November 16, 2013 Concert Program Notes
George Frideric Handel — Messiah

Every year at Christmas time, and again at Easter, the entire globe resonates in reverent union. From village chapels to city cathedrals, from London to Los Angeles, one sound carries the hearts and minds of Christians closer to the divine spirit. It is the sound of voices, conspiring “to transport and charm the ravished Heart and Ear,” via George Frideric Handel’s eighteenth-century masterpiece, Messiah.

No other choral work in existence has enjoyed such enduring popularity, nor so many performances. In music simple enough to be performed in any small-town church, yet magnificent enough to inspire the souls of millions around the world, Handel created a work that celebrates all that is good in Christ and the world. It is the only work for which Handel is remembered by most people; yet the indelible stamp it has left on the collective spirit of Protestant religion guarantees immortality to its author.

Handel chose to tackle this immense challenge at a time in his life when his fortunes were down. He had fallen from vogue in London, and the reception to some of his most recent works had been cool. Handel chose the subject for his new oratorio on his own, and turned to the poet Charles Jennens for assistance in compiling the texts. That Handel worked with a poet to assemble the libretto for Messiah is scarcely evident in the texts themselves; for the words are made up of essentially unaltered verses from the English Bible.

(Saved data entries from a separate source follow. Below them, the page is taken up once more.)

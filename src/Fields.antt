-- ===== src/Fields.antt =====
-- src/fields/Fields.H and Fields.cpp: the names of the field components of each slice, the shift of
-- the slices, the sums of the currents, and the places that the boundary condition corrects.
pub mod MultiFab
pub mod Shift
pub mod Edges
pub mod Mixing
use hipace.Prelude.{
  ℕ, suc, ◌+◌, ◌-◌, ◌*◌, Bool, true, false, not, ◌&&◌, ◌||◌, List, [], ◌∷◌, ltb, ◌==◌,
  if◌then◌else◌,
}
use hipace.Reals.{Real}
use hipace.Fields.MultiFab.{MultiFabs}

-- WhichSlice::slice.
pub data WhichSlice : Type 0 where
  next this previous1 previous2 rho_ions : WhichSlice

-- The keys of the maps of Comps.
pub data Name : Type 0 where
  exm_by eyp_bx ez bx by bz jx jx_beam jy jy_beam jz jz_beam rho psi jxx jxy jyy n : Name

abbrev pub code : Name → ℕ
code exm_by = 0
code eyp_bx = 1
code ez = 2
code bx = 3
code by = 4
code bz = 5
code jx = 6
code jx_beam = 7
code jy = 8
code jy_beam = 9
code jz = 10
code jz_beam = 11
code rho = 12
code psi = 13
code jxx = 14
code jxy = 15
code jyy = 16
code n = 17

-- The five maps of Comps.
abbrev pub comps_map : WhichSlice → List (Name × ℕ)
comps_map next = (jx, 0) ∷ (jx_beam, 1) ∷ (jy, 2) ∷ (jy_beam, 3) ∷ (n, 4) ∷ []
comps_map this =
    (exm_by, 0)
    ∷ (eyp_bx, 1)
    ∷ (ez, 2)
    ∷ (bx, 3)
    ∷ (by, 4)
    ∷ (bz, 5)
    ∷ (jx, 6)
    ∷ (jx_beam, 7)
    ∷ (jy, 8)
    ∷ (jy_beam, 9)
    ∷ (jz, 10)
    ∷ (jz_beam, 11)
    ∷ (rho, 12)
    ∷ (psi, 13)
    ∷ (jxx, 14)
    ∷ (jxy, 15)
    ∷ (jyy, 16)
    ∷ (n, 17)
    ∷ []
comps_map previous1 =
    (ez, 0)
    ∷ (bx, 1)
    ∷ (by, 2)
    ∷ (bz, 3)
    ∷ (jx, 4)
    ∷ (jx_beam, 5)
    ∷ (jy, 6)
    ∷ (jy_beam, 7)
    ∷ (rho, 8)
    ∷ (psi, 9)
    ∷ (n, 10)
    ∷ []
comps_map previous2 = (bx, 0) ∷ (by, 1) ∷ (n, 2) ∷ []
comps_map rho_ions = (rho, 0) ∷ (n, 1) ∷ []

abbrev pub has_key : List (Name × ℕ) → Name → Bool
has_key [] f = false
has_key ((g, c) ∷ m) f = (code f == code g) || has_key m f

-- `map[key]`, which is 0 where the map has no such key.
abbrev pub look_up : List (Name × ℕ) → Name → ℕ
look_up [] f = 0
look_up ((g, c) ∷ m) f = if code f == code g then c else look_up m f

-- `Comps[slice][name]`.
abbrev pub comps : WhichSlice → Name → ℕ
comps slice f = look_up (comps_map slice) f

-- m_slices of one level.
pub record Slices (M : Type 0) : Type 0 where
  pub next_slice : M
  pub this_slice : M
  pub previous1_slice : M
  pub previous2_slice : M
  pub rho_ions_slice : M

-- Fields::getSlices.
abbrev pub get_slices : {M : Type 0} → Slices M → WhichSlice → M
get_slices s next = s.next_slice
get_slices s this = s.this_slice
get_slices s previous1 = s.previous1_slice
get_slices s previous2 = s.previous2_slice
get_slices s rho_ions = s.rho_ions_slice

abbrev pub set_slices : {M : Type 0} → Slices M → WhichSlice → M → Slices M
set_slices s next m = record s { next_slice = m }
set_slices s this m = record s { this_slice = m }
set_slices s previous1 m = record s { previous1_slice = m }
set_slices s previous2 m = record s { previous2_slice = m }
set_slices s rho_ions m = record s { rho_ions_slice = m }

module _ {R M F : Type 0} (ops : MultiFabs R M F) where
  -- Fields::getField: the component with a name.
  abbrev pub get_field : Slices M → WhichSlice → Name → F
  get_field s slice f = ops.component (get_slices s slice) (comps slice f)

  -- The body of the loop of Fields::ShiftSlices: three copies.
  unfoldable pub shift_level : Slices M → Slices M
  shift_level s =
      let first : Slices M = record s {
        previous2_slice =
            ops.copy s.previous2_slice s.previous1_slice (comps previous1 bx) (comps previous2 bx)
              2;
      } in
      let second : Slices M = record first {
        previous1_slice =
            ops.copy first.previous1_slice first.this_slice (comps this ez) (comps previous1 ez) 8;
      } in
      record second {
        previous1_slice =
            ops.copy second.previous1_slice second.this_slice (comps this rho) (comps previous1 rho)
              2;
      }

  -- Whether a level has the slice: the coarse grid's position of it, against the patch.
  abbrev pub in_patch : ⦃real : Real R⦄ → (lev islice : ℕ) → (dz problo lo hi : R) → Bool
  in_patch ⦃real⦄ lev islice dz problo lo hi =
      let half = real.div (real.of_int 1) (real.of_int 2) in
      let pos = real.add (real.mul (real.add (real.of_int islice) half) dz) problo in
      not (lev == 1) || not (real.lt pos lo || real.lt hi pos)

  -- Fields::ShiftSlices, over the levels from `lev` on.
  unfoldable pub shift_slices :
      ⦃real : Real R⦄ → (lev islice : ℕ) → (dz problo lo hi : R) → List (Slices M) → List (Slices M)
  unfolding shift_level
  shift_slices lev islice dz problo lo hi [] = []
  shift_slices lev islice dz problo lo hi (s ∷ levels) =
      (if in_patch lev islice dz problo lo hi then shift_level s else s)
      ∷ shift_slices (lev + 1) islice dz problo lo hi levels

  -- One call of MultiFab::Add of Fields::AddBeamCurrents.
  abbrev pub add_component : WhichSlice → Name → Name → M → M
  add_component slice src dst m = ops.add m m (comps slice src) (comps slice dst) 1

  -- Fields::AddBeamCurrents.
  unfoldable pub add_beam_currents : WhichSlice → Slices M → Slices M
  add_beam_currents slice s =
      let x = add_component slice jx_beam jx (get_slices s slice) in
      let y = add_component slice jy_beam jy x in
      let z = add_component slice jz_beam jz y in
      set_slices s slice (elim slice [ this ↦ z | _ ↦ y ])

-- The places of SetDirichletBoundaries: the cell that a thread (i, j) corrects, with the side of it
-- that the guard cell lies on.
pub record Edge : Type 0 where
  pub i_idx : ℕ
  pub j_idx : ℕ
  pub i_lo_edge : Bool
  pub i_hi_edge : Bool
  pub j_lo_edge : Bool
  pub j_hi_edge : Bool

abbrev pub to_int : Bool → ℕ
to_int true = 1
to_int false = 0

-- A box of `len0` by `len1` cells from (`lo0`, `lo1`) on.
unfoldable pub edge_of : (len0 len1 lo0 lo1 i j : ℕ) → Edge
edge_of len0 len1 lo0 lo1 i j =
    let i_is_changing = ltb i len0 in
    let i_lo_edge = not i_is_changing && (j == 0) in
    let i_hi_edge = not i_is_changing && not (j == 0) in
    let j_lo_edge = i_is_changing && (j == 0) in
    let j_hi_edge = i_is_changing && not (j == 0) in
    record {
      i_idx = lo0 + to_int i_hi_edge * (len0 - 1) + to_int i_is_changing * i;
      j_idx = lo1 + to_int j_hi_edge * (len1 - 1) + to_int (not i_is_changing) * (i - len0);
      i_lo_edge = i_lo_edge;
      i_hi_edge = i_hi_edge;
      j_lo_edge = j_lo_edge;
      j_hi_edge = j_hi_edge;
    }
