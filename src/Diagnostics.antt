-- ===== src/Diagnostics.antt =====
-- src/diagnostics/Diagnostic.cpp: which components and beams are written; and the steps at which
-- Hipace::WriteDiagnostics and OpenPMDWriter::InitDiagnostics do something.
pub mod Selection
use hipace.Prelude.{
  ℕ, ◌%◌, ℤ, pos, negsuc, Bool, true, false, not, ◌&&◌, ◌||◌, List, [], ◌∷◌, map, Result, Error, ok,
  err, ◌>>=◌, if◌then◌else◌, ◌==◌,
}
use hipace.Fields.{
  Name, this, code, comps, comps_map, has_key, n, exm_by, eyp_bx, ez, bx, by, bz, jx, jx_beam, jy,
  jy_beam, jz, jz_beam, rho, psi,
}

-- A word of diagnostic.field_data: "all" or "All", "none" or "None", a key of Comps, or another.
pub data Word : Type 0 where
  all none other : Word
  key : Name → Word

abbrev pub all_field_comps : List Word
all_field_comps = map key (
    exm_by ∷ eyp_bx ∷ ez ∷ bx ∷ by ∷ bz ∷ jx ∷ jx_beam ∷ jy ∷ jy_beam ∷ jz ∷ jz_beam ∷ rho ∷ psi
    ∷ [])

-- `Comps[WhichSlice::This].count(comp_name) == 0 || comp_name == "N"`, denied.
abbrev pub is_known : Name → Bool
is_known f = has_key (comps_map this) f && not (code f == code n)

-- The loop over m_comps_output, which is `words`, from one of its words on.
unfoldable pub select_loop : (words rest : List Word) → Result (List Word)
select_loop words [] = ok words
select_loop words (all ∷ rest) = ok all_field_comps
select_loop words (none ∷ rest) = ok []
select_loop words (other ∷ rest) = err Error.abort
select_loop words (key f ∷ rest) =
    let later = select_loop words rest in if is_known f then later else err Error.abort

-- m_comps_output after the constructor.
unfoldable pub select_components : List Word → Result (List Word)
unfolding select_loop
select_components [] = ok all_field_comps
select_components (w ∷ ws) = select_loop (w ∷ ws) (w ∷ ws)

-- m_comps_output_idx.
unfoldable pub component_indices : List Word → List ℕ
component_indices [] = []
component_indices (key f ∷ ws) = comps this f ∷ component_indices ws
component_indices (w ∷ ws) = 0 ∷ component_indices ws

-- A word of diagnostic.beam_data, with the beams by number.
pub data BeamWord : Type 0 where
  all_beams no_beams : BeamWord
  beam : ℕ → BeamWord

abbrev pub is_beam : List ℕ → ℕ → Bool
is_beam [] b = false
is_beam (c ∷ cs) b = (c == b) || is_beam cs b

unfoldable pub select_beams_loop :
    (all_beam_names : List ℕ) (words rest : List BeamWord) → Result (List BeamWord)
select_beams_loop names words [] = ok words
select_beams_loop names words (all_beams ∷ rest) = ok (map beam names)
select_beams_loop names words (no_beams ∷ rest) = ok []
select_beams_loop names words (beam b ∷ rest) =
    let later = select_beams_loop names words rest in
    if is_beam names b then later else err Error.abort

-- m_output_beam_names after the constructor.
unfoldable pub select_beams : (all_beam_names : List ℕ) → List BeamWord → Result (List BeamWord)
unfolding select_beams_loop
select_beams names [] = ok (map beam names)
select_beams names (w ∷ ws) = select_beams_loop names (w ∷ ws) (w ∷ ws)

-- `a % b` on `int`, for values that are not negative.
abbrev pub int_mod : ℕ → ℕ → Result ℕ
int_mod a b = if b == 0 then err Error.div_by_zero else ok (a % b)

-- Whether Hipace::WriteDiagnostics writes in a step.
unfoldable pub writes_diagnostics : (output_period : ℤ) (max_step output_step : ℕ) → Result Bool
writes_diagnostics (negsuc p) max_step step = ok false
writes_diagnostics (pos p) max_step step =
    if step == max_step then ok true else (do r ← int_mod step p; ok (r == 0))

“Posterity has agreed that Jennens’ masterly selection of texts constitutes a work of art in itself,” notes historian Robert Manson Myers. “Its rich imagery and concrete symbolism create a felicitous combination of the grand, the poetic, and the passionate upon a plane of almost prophetic elevation.”

With Jennens’ Biblical excerpts assembled, Handel began composing his new oratorio on Saturday, August 22, 1741. For more than three weeks, he remained in his study, writing. The Messiah was completed on September 14. “Whether I was in my body or out of my body as I wrote it I know not,” Handel supposedly declared later. “I did think I did see all Heaven before me, and the great God himself.”

From the glorious notes that Handel assembled on paper in those twenty-four days, it is easy to assume that his inspiration was indeed divine. Jennens’ libretto speaks to every shade of Christian devotional sentiment: piety, resignation, repentance, faith, and exultation. Handel, in setting the texts to music, amplified and connected these sentiments into an epitome of Christian belief. An examination of the original score reveals that Handel wrote in fits, so quickly that his pen was sometimes unable to keep pace with his imagination. In those scrawled marks can be seen the methods of a man driven to the brink of his own powers, a scribe racing to document the profound revelations that struck him like a bolt from heaven.

Still, Handel himself must be credited wholly for this composition. After all, several numbers in Messiah were built on melodies borrowed from earlier, lesser works by the composer. And, in his often-curious accentuation of the English words, Handel reveals his origins as a non-native speaker.

Moreover, much of the oratorio’s appeal comes from its less-than-didactic elements. “Handel’s all-embracing sympathy for every manifestation of human energy elevates Messiah far above dogmatic creeds and makes it the common property of all mankind,” writes Robert Manson Myers.

Soon after Handel completed Messiah, he was invited to Dublin by the aristocratic patron William Cavendish. There, the composer was welcomed by an eager musical public, and soon arranged to present Messiah at a benefit concert for war prisoners and a local hospital. The premiere was a major public event, and the reaction of the assembled throngs was appropriately enthusiastic. “Words are wanting to express the exquisite Delight it [Messiah] afforded to the admiring crowd,” wrote a critic in the Falkland Journal, several days after the premiere. “The Sublime, the Grand, and the Tender, adapted to the most elevated, majestick and moving Words, conspired to transport and charm the ravished Heart and Ear.”

The conspiracy revealed on that day became a world-wide phenomenon in a matter of years; and ever since, Messiah has occupied an exalted position in art and history.